Lemma. \[\sum_{d|n} \phi(d) = n.\]
Proof. By induction: \[\sum_{d|p^{k}m}\phi(d) = \sum_{i=0}^{k}\sum_{d|m}\phi(p^{i}d) = \sum_{i=0}^{k}\sum_{d|m}\phi(d) \phi(p^{i}).\] But this is telescoping because \(\phi(p^{i})=p^{i}-p^{i-1}\). It tellescopes to \[p^{k}\sum_{d|m}\phi(d) = p^{k}m,\] by induction.
Remark. Actually, we can prove this a nicer way. Partition \([n]\) based on \(\gcd(x,n)\). For each \(d\mid n,\) the number of \(x\) with \(\gcd(x,n) = d\) is \(\phi(n/d)\). Thus we have \[n = \sum_{d\mid n}\phi(n/d)=\sum_{d\mid n}\phi(d).\]
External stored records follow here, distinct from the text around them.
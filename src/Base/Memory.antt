-- ===== src/Base/Memory.antt =====
-- Memory as bytes by address, with little-endian halves and words, and the loops of `memset` and
-- `memmove`.
use Prim.Native.Nat.{ℕ, zero, suc, ◌+◌, ◌-◌, ◌*◌, ◌/◌, ◌%◌, ◌^◌, ◌≤◌, ◌<◌}
use mathlib.Core.Path.{◌≡◌, refl}
use mathlib.Core.Bool.{true, ◌&&◌}
use mathlib.Core.List.{List, [], ◌∷◌}
use native.Mathlib.Omega.{arith}
use xmu_learning_os.Base.Tests.{if◌then◌else◌, ltb, leb}
use xmu_learning_os.Base.Array.{update}
use xmu_learning_os.Base.Lists.{length}

abbrev pub Bytes : Type 0
Bytes = ℕ → ℕ

unfoldable pub get_half : Bytes → ℕ → ℕ
get_half m a = m a + m (a + 1) * 256

unfoldable pub put_half : Bytes → ℕ → ℕ → Bytes
put_half m a v = update (update m a (v % 256)) (a + 1) (v / 256 % 256)

unfoldable pub get_word : Bytes → ℕ → ℕ
get_word m a = m a + m (a + 1) * 256 + m (a + 2) * 65536 + m (a + 3) * 16777216

unfoldable pub put_word : Bytes → ℕ → ℕ → Bytes
put_word m a v =
    update
      (update (update (update m a (v % 256)) (a + 1) (v / 256 % 256)) (a + 2) (v / 65536 % 256))
      (a + 3) (v / 16777216 % 256)

-- `memset(a, c, n)`
unfoldable pub fill : Bytes → ℕ → ℕ → ℕ → Bytes
fill m a c n b = if leb a b && ltb b (a + n) then c % 256 else m b

-- `memmove(a, from + s, n)` between two memories that do not overlap
unfoldable pub copy : Bytes → ℕ → Bytes → ℕ → ℕ → Bytes
copy m a from s n b = if leb a b && ltb b (a + n) then from (s + (b - a)) else m b

-- The `n` bytes from `a` on, and the bytes of a buffer written from `a` on.
unfoldable pub bytes_at : Bytes → ℕ → ℕ → List ℕ
bytes_at m a zero = []
bytes_at m a (suc n) = m a ∷ bytes_at m (a + 1) n

unfoldable pub put_bytes : Bytes → ℕ → List ℕ → Bytes
put_bytes m a [] = m
put_bytes m a (c ∷ cs) = put_bytes (update m a c) (a + 1) cs

-- `n` words from `a` on.
unfoldable pub put_words : Bytes → ℕ → ℕ → (ℕ → ℕ) → Bytes
put_words m a zero f = m
put_words m a (suc n) f = put_word (put_words m a n f) (a + 4 * n) (f n)

-- What is put is what is got.
pub get_word-put_word : (m : Bytes) (a v : ℕ) → v < 2 ^ 32 → get_word (put_word m a v) a ≡ v
unfolding get_word put_word
get_word-put_word m a v h = ground arith

pub get_half-put_half : (m : Bytes) (a v : ℕ) → v < 2 ^ 16 → get_half (put_half m a v) a ≡ v
unfolding get_half put_half
get_half-put_half m a v h = ground arith

-- A byte outside what is written stays.
pub put_word_outside : (m : Bytes) (a v b : ℕ) → ltb b a ≡ true → put_word m a v b ≡ m b
unfolding put_word
put_word_outside m a v b h = ground arith

pub put_word_beyond : (m : Bytes) (a v b : ℕ) → a + 4 ≤ b → put_word m a v b ≡ m b
unfolding put_word
put_word_beyond m a v b h = ground arith

pub get_word-put_word_below :
    (m : Bytes) (a b v : ℕ) → b + 4 ≤ a → get_word (put_word m a v) b ≡ get_word m b
unfolding get_word put_word
get_word-put_word_below m a b v h = ground arith

pub get_word-put_word_above :
    (m : Bytes) (a b v : ℕ) → a + 4 ≤ b → get_word (put_word m a v) b ≡ get_word m b
unfolding get_word put_word
get_word-put_word_above m a b v h = ground arith

pub length-bytes_at : (m : Bytes) (a n : ℕ) → length (bytes_at m a n) ≡ n
unfolding bytes_at
length-bytes_at m a zero = refl
length-bytes_at m a (suc n) = ground (arith, length-bytes_at m (a + 1) n)

pub put_bytes_below : (m : Bytes) (a : ℕ) (cs : List ℕ) (b : ℕ) → b < a → put_bytes m a cs b ≡ m b
unfolding put_bytes
put_bytes_below m a [] b h = refl
put_bytes_below m a (c ∷ cs) b h = ground (arith, put_bytes_below (update m a c) (a + 1) cs b)

pub put_bytes_above :
    (m : Bytes) (a : ℕ) (cs : List ℕ) (b : ℕ) → a + length cs ≤ b → put_bytes m a cs b ≡ m b
unfolding put_bytes
put_bytes_above m a [] b h = refl
put_bytes_above m a (c ∷ cs) b h = ground (arith, put_bytes_above (update m a c) (a + 1) cs b)

-- Reading back what was written.
pub bytes_at-put_bytes :
    (m : Bytes) (a : ℕ) (cs : List ℕ) → bytes_at (put_bytes m a cs) a (length cs) ≡ cs
unfolding put_bytes bytes_at
bytes_at-put_bytes m a [] = refl
bytes_at-put_bytes m a (c ∷ cs) = ground (
  arith,
  bytes_at-put_bytes (update m a c) (a + 1) cs,
  put_bytes_below (update m a c) (a + 1) cs a,
)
Theorem. The multiplicative group of \(\mathbb{F}_p\) is cyclic.
In fact, this is true of any finite field by a similar proof.
Proof. For each \(d|p-1\), there are at most \(\phi(d)\) elements of \(\mathbb{F}_p\) which have order \(d\). Thus, by the lemma above, for each \(d|p-1\) there are exactly \(\phi(d)\) elements of \(\mathbb{F}_p\) with order \(d\). In particular, \(\phi(p-1)>0\), so there is some element with order \(p-1\), i.e. a generator.